OxTalks will soon move to the new Halo platform and will become 'Oxford Events.' There will be a need for an OxTalks freeze. This was previously planned for Friday 14th November – a new date will be shared as soon as it is available (full details will be available on the Staff Gateway).
In the meantime, the OxTalks site will remain active and events will continue to be published.

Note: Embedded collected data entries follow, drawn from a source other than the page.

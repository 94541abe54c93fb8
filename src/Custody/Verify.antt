-- ===== src/Custody/Verify.antt =====
-- `verifyCustodyBundle` of packages/core/src/custody.ts.
use ordspv.Common.{
  ℕ, Bool, true, false, not, ◌&&◌, ◌||◌, List, [], ◌∷◌, Option, none, some, Result, ok, throw,
  require, failure, custody_unsupported, envelope_index_unproven, map, or_throw, ◌>>=◌, ◌>>◌, leb,
  ltb, ◌==◌, length, get_or, if◌then◌else◌,
}
use ordspv.Bytes.Hex.{bytes_equal}
use ordspv.Custody.Binding.{EnvelopeBinding, verify_envelope_binding}
use ordspv.Custody.Bundle.{
  CustodyHop, CustodyBundle, CustodyVerifyOptions, verify_anchored_hop, parse_header_hex,
}
use ordspv.Custody.Flow.{
  check_prev_tx_count, find_spend, proven_input_values, genesis_satpoint, transfer_satpoint,
}
use ordspv.Custody.Satpoint.{Satpoint, parse_satpoint}
use ordspv.Envelope.Interpret.{Inscription, interpret_envelope}
use ordspv.Envelope.Number.{parse_envelopes_from_tx}
use ordspv.InscriptionId.{InscriptionId, parse_inscription_id, check_expected_inscription_id}
use ordspv.Taproot.{Curve}
use ordspv.Text.{to_lower_case}
use ordspv.Tx.Types.{ParsedTx, is_coinbase}
use ordspv.Witness.{WitnessSection, parse_hop_tx, verify_witness_anchoring}

pub data IndexProof : Type 0 where
  by_wtxid by_single_input : IndexProof

pub record VerifiedCustody : Type 0 where
  pub inscription_id : List ℕ
  pub satpoint : Satpoint
  pub genesis : Satpoint
  pub path : List Satpoint
  pub height : ℕ
  pub hops : ℕ
  pub binding : EnvelopeBinding
  pub index_proof : IndexProof

-- What the reveal hop establishes.
pub record Revealed : Type 0 where
  pub reveal : ParsedTx
  pub inscription : Inscription
  pub binding : EnvelopeBinding
  pub index_proof : IndexProof

-- `all.find((i) => i.index === index)`
unfoldable pub find_index : ℕ → List Inscription → Option Inscription
find_index index [] = none
find_index index (i ∷ rest) = if i.index == index then some i else find_index index rest

module _ (decode_utf8 : List ℕ → List ℕ) where
  unfoldable pub inscriptions_from_tx : ParsedTx → List Inscription
  inscriptions_from_tx tx = map (interpret_envelope decode_utf8) (parse_envelopes_from_tx tx)

unfoldable pub proof_kind : Option WitnessSection → IndexProof
proof_kind (some w) = by_wtxid
proof_kind none = by_single_input

unfoldable pub index_proven : Option WitnessSection → ParsedTx → Bool
index_proven (some w) reveal = true
index_proven none reveal = length reveal.inputs == 1

unfoldable pub has_section : Option WitnessSection → Bool
has_section (some w) = true
has_section none = false

-- What the loop over the later hops carries: `current`, `prevHeight`, `prevPos` and `seenTxids`.
pub record Walk : Type 0 where
  pub current : Satpoint
  pub prev_height : ℕ
  pub prev_pos : ℕ
  pub seen_txids : List (List ℕ)

unfoldable pub is_seen : List ℕ → List (List ℕ) → Bool
is_seen txid [] = false
is_seen txid (t ∷ rest) = bytes_equal t txid || is_seen txid rest

-- Chain order: a higher block, or a later place in the same block.
unfoldable pub comes_after : ℕ → ℕ → ℕ → ℕ → Bool
comes_after prev_height prev_pos height pos =
    not (ltb height prev_height || (height == prev_height && leb pos prev_pos))

unfoldable pub same_satpoint : Satpoint → Satpoint → Bool
same_satpoint a b = bytes_equal a.txid b.txid && (a.vout == b.vout && a.offset == b.offset)

module _ (sha256 : List ℕ → List ℕ) where
  unfoldable pub check_section : Option WitnessSection → CustodyHop → ParsedTx → Result (Unit {0})
  check_section none hop reveal = ok tt
  check_section (some w) hop reveal = do
    header ← parse_header_hex sha256 hop.block.header
    verify_witness_anchoring sha256 w header hop.block.tx_count reveal hop.pos

  -- One round of the loop.
  unfoldable pub walk_hop : CustodyVerifyOptions → Walk → CustodyHop → Result Walk
  walk_hop opts walk hop = do
    require (not (has_section hop.witness))
        (failure "witness section is only accepted at the reveal")
    tx ← parse_hop_tx sha256 hop.hex
    require (not (is_seen tx.txid walk.seen_txids)) (failure "duplicate transaction")
    require (not (is_coinbase tx)) (custody_unsupported (some hop.block.height))
    require (comes_after walk.prev_height walk.prev_pos hop.block.height hop.pos)
        (failure "does not come after the hop before in chain order")
    attestation ← verify_anchored_hop sha256 hop tx opts
    j ← or_throw (find_spend walk.current tx.inputs) "transaction does not spend tracked satpoint"
    check_prev_tx_count tx hop.prev_txs
    values ← proven_input_values sha256 tx hop.prev_txs j
    require (ltb walk.current.offset (get_or values j 0))
        (failure "tracked offset outside spent output value")
    current ← transfer_satpoint tx values walk.current (some hop.block.height)
    ok (record {
      current = current;
      prev_height = hop.block.height;
      prev_pos = hop.pos;
      seen_txids = tx.txid ∷ walk.seen_txids;
    })

  -- The states after each hop, in order.
  unfoldable pub walk_loop : CustodyVerifyOptions → Walk → List CustodyHop → Result (List Walk)
  walk_loop opts walk [] = ok []
  walk_loop opts walk (hop ∷ hops) = do
    next ← walk_hop opts walk hop
    rest ← walk_loop opts next hops
    ok (next ∷ rest)

module _ (sha256 : List ℕ → List ℕ) (curve : Curve) (decode_utf8 : List ℕ → List ℕ) where
  -- From the transaction to the binding of the envelope that the id names.
  unfoldable pub verify_reveal : InscriptionId → CustodyHop → CustodyVerifyOptions → Result Revealed
  verify_reveal id hop opts = do
    reveal ← parse_hop_tx sha256 hop.hex
    require (bytes_equal reveal.txid id.txid)
        (failure "reveal tx hashes to another txid than the id")
    attestation ← verify_anchored_hop sha256 hop reveal opts
    check_section sha256 hop.witness hop reveal
    require (index_proven hop.witness reveal) envelope_index_unproven
    inscription ←
        or_throw (find_index id.index (inscriptions_from_tx decode_utf8 reveal)) "index not present"
    check_prev_tx_count reveal hop.prev_txs
    binding ← verify_envelope_binding sha256 curve reveal inscription hop.prev_txs
    ok (record {
      reveal = reveal;
      inscription = inscription;
      binding = binding;
      index_proof = proof_kind hop.witness;
    })

unfoldable pub last_walk : Walk → List Walk → Walk
last_walk walk [] = walk
last_walk walk (w ∷ ws) = last_walk w ws

module _ (sha256 : List ℕ → List ℕ) (curve : Curve) (decode_utf8 : List ℕ → List ℕ) where
  unfoldable pub verify_hops :
      CustodyBundle
      → InscriptionId
      → List CustodyHop
      → CustodyVerifyOptions
      → Result VerifiedCustody
  verify_hops bundle id [] opts = throw "custody bundle has no hops"
  verify_hops bundle id (reveal_hop ∷ hops) opts = do
    r ← verify_reveal sha256 curve decode_utf8 id reveal_hop opts
    values ← proven_input_values sha256 r.reveal reveal_hop.prev_txs r.inscription.input
    genesis ← genesis_satpoint r.reveal r.inscription values (some reveal_hop.block.height)
    let start : Walk = record {
      current = genesis;
      prev_height = reveal_hop.block.height;
      prev_pos = reveal_hop.pos;
      seen_txids = r.reveal.txid ∷ [];
    }
    walks ← walk_loop sha256 opts start hops
    let last = last_walk start walks
    claimed ← parse_satpoint bundle.final_satpoint
    require (same_satpoint claimed last.current) (failure "bundle claims another final satpoint")
    ok (record {
      inscription_id = to_lower_case bundle.inscription_id;
      satpoint = last.current;
      genesis = genesis;
      path = genesis ∷ map (λ w. w.current) walks;
      height = last.prev_height;
      hops = length bundle.hops;
      binding = r.binding;
      index_proof = r.index_proof;
    })

  unfoldable pub verify_custody_bundle :
      CustodyBundle → CustodyVerifyOptions → Result VerifiedCustody
  verify_custody_bundle bundle opts = do
    require (bundle.version == 1) (failure "unsupported custody bundle version")
    id ← parse_inscription_id bundle.inscription_id
    check_expected_inscription_id id opts.expected_inscription_id
    verify_hops bundle id bundle.hops opts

If staff have any questions about the Oxford Events launch, please contact halo@digital.ox.ac.uk
The Feminist Jurisprudence Discussion Group is hosting Dr Heloise Robinson, Exeter College, who will present her paper “Pregnancy, Personhood, and the Equality of Women.”
Abstract
Pregnancy presents a serious challenge to our approach to personhood and equality in philosophy and in law. We normally think that “one equals one”: each person is equal to each other person. But in pregnancy we do not clearly have “one” person. As Barbara Katz Rothman writes, “[t]he isolated, atomistic individual is an absurdity when one is pregnant: one is two, two are one.” This presentation will take this observation seriously, and build upon an article written by the speaker, where she made a new argument on pregnancy and personhood. While we have debated at length the moral status or personhood of the fetus, the presentation will examine a different question entirely: the personhood of the person who is pregnant. If we think that pregnancy is a unique form of bodily existence, there are reasons to recognise that a pregnant woman has a unique form of personhood, and further, we may think that this is a category of personhood that calls for a stronger set of rights. The presentation will also consider a range of practical and legal implications of the argument, including in relation to the equality of women, and will include discussion of some of the speaker’s current work on the subject.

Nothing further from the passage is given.